Instructions to follow:
Below are some records; output exactly the lines from the line with "joined_nothing none = refl" to the line with "canonicalize-mask [] ys", both ends kept, and nothing more.

Supplied information:
· · · · ·

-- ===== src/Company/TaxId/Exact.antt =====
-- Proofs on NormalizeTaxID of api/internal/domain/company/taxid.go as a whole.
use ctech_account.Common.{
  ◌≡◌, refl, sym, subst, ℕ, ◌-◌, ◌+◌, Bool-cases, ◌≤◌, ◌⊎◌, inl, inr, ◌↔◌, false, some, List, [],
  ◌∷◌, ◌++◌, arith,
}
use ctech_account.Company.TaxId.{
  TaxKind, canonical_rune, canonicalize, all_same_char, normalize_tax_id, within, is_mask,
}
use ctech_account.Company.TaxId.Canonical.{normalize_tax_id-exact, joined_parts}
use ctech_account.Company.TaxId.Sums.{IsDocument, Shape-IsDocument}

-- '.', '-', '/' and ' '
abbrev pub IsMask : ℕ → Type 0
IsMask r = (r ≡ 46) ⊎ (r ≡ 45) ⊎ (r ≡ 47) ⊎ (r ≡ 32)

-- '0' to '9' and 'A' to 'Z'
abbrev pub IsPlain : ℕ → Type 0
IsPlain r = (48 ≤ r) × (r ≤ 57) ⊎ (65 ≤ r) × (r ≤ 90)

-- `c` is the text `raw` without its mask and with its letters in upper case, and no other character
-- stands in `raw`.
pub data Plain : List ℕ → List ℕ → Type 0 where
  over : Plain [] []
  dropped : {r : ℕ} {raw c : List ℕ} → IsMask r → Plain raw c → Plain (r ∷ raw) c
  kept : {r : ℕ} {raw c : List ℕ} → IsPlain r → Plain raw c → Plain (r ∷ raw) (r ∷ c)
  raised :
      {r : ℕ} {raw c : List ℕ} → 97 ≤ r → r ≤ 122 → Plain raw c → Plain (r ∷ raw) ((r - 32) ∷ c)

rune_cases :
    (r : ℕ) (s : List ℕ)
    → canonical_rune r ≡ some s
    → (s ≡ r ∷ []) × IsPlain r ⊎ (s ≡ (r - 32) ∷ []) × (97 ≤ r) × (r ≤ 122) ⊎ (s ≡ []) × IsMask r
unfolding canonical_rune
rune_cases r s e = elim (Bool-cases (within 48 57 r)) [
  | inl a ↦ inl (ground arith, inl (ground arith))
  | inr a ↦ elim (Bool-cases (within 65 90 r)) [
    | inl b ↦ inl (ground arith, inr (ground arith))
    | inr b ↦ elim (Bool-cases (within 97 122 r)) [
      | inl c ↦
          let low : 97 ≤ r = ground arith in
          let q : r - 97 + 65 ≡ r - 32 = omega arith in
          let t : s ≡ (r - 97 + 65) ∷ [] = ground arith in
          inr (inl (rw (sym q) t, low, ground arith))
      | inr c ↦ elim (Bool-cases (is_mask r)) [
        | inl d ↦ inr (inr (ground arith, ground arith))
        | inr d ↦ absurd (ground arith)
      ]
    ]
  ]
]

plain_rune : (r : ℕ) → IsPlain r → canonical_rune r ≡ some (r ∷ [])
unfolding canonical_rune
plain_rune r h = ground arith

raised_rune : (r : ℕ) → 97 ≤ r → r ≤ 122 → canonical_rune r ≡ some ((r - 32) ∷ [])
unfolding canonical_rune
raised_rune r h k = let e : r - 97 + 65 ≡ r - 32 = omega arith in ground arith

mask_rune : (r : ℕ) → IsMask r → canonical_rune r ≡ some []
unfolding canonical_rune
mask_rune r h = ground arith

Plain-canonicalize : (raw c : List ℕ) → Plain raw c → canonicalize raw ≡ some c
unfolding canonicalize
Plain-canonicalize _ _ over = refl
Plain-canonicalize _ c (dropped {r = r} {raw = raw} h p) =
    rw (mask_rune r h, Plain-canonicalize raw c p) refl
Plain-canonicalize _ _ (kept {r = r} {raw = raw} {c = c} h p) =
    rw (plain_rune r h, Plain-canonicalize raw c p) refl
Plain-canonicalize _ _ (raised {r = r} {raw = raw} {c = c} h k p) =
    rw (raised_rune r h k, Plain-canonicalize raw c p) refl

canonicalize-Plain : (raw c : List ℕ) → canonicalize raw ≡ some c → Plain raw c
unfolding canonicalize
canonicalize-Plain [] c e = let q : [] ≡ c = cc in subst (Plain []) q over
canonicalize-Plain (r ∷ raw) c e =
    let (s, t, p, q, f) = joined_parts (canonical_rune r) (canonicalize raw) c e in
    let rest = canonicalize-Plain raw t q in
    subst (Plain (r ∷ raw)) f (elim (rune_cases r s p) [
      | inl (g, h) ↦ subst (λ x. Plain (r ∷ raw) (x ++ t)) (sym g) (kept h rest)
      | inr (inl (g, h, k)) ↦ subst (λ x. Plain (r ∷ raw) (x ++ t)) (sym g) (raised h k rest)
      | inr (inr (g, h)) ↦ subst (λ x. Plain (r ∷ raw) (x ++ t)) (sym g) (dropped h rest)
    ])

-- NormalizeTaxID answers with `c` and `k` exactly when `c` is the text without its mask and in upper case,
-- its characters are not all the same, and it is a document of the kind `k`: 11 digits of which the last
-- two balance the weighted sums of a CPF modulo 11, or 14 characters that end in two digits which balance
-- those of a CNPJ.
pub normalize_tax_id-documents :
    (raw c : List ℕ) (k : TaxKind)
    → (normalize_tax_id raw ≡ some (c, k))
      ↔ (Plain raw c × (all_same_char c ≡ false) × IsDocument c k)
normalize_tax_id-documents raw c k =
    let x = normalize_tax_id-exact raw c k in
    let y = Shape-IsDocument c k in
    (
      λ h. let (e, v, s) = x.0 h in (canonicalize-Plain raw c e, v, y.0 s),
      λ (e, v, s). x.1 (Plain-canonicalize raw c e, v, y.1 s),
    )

· · · · ·

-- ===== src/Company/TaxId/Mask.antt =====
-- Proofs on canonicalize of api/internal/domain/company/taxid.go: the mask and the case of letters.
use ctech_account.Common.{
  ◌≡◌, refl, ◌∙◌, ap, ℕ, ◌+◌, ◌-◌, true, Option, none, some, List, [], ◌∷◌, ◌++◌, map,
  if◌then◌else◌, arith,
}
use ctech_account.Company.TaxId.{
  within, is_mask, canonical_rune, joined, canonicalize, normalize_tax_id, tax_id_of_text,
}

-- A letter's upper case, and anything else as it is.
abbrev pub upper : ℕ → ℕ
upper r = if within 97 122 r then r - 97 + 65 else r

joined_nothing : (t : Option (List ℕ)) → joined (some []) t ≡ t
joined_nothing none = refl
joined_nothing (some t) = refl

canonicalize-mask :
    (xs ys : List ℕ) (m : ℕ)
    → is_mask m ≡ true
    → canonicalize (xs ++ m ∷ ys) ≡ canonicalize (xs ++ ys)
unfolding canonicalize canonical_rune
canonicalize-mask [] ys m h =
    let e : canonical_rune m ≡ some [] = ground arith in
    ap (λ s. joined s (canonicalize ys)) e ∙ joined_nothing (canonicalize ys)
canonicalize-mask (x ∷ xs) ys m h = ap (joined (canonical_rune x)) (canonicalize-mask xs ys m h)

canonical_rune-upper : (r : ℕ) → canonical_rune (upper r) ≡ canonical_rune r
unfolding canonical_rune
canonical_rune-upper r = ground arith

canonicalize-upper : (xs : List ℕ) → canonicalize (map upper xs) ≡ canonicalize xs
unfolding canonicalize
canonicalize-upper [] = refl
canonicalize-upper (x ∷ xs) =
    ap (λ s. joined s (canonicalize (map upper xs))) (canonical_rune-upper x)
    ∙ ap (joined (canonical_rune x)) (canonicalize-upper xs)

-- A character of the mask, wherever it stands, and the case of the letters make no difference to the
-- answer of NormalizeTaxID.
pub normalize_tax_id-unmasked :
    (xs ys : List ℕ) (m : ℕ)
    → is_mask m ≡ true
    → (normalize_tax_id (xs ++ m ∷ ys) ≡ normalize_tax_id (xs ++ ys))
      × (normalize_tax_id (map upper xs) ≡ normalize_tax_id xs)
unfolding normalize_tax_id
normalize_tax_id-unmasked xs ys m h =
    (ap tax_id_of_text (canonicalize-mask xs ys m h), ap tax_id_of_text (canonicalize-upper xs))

· · · · ·

Written solution:
joined_nothing none = refl
joined_nothing (some t) = refl

canonicalize-mask :
    (xs ys : List ℕ) (m : ℕ)
    → is_mask m ≡ true
    → canonicalize (xs ++ m ∷ ys) ≡ canonicalize (xs ++ ys)
unfolding canonicalize canonical_rune
canonicalize-mask [] ys m h =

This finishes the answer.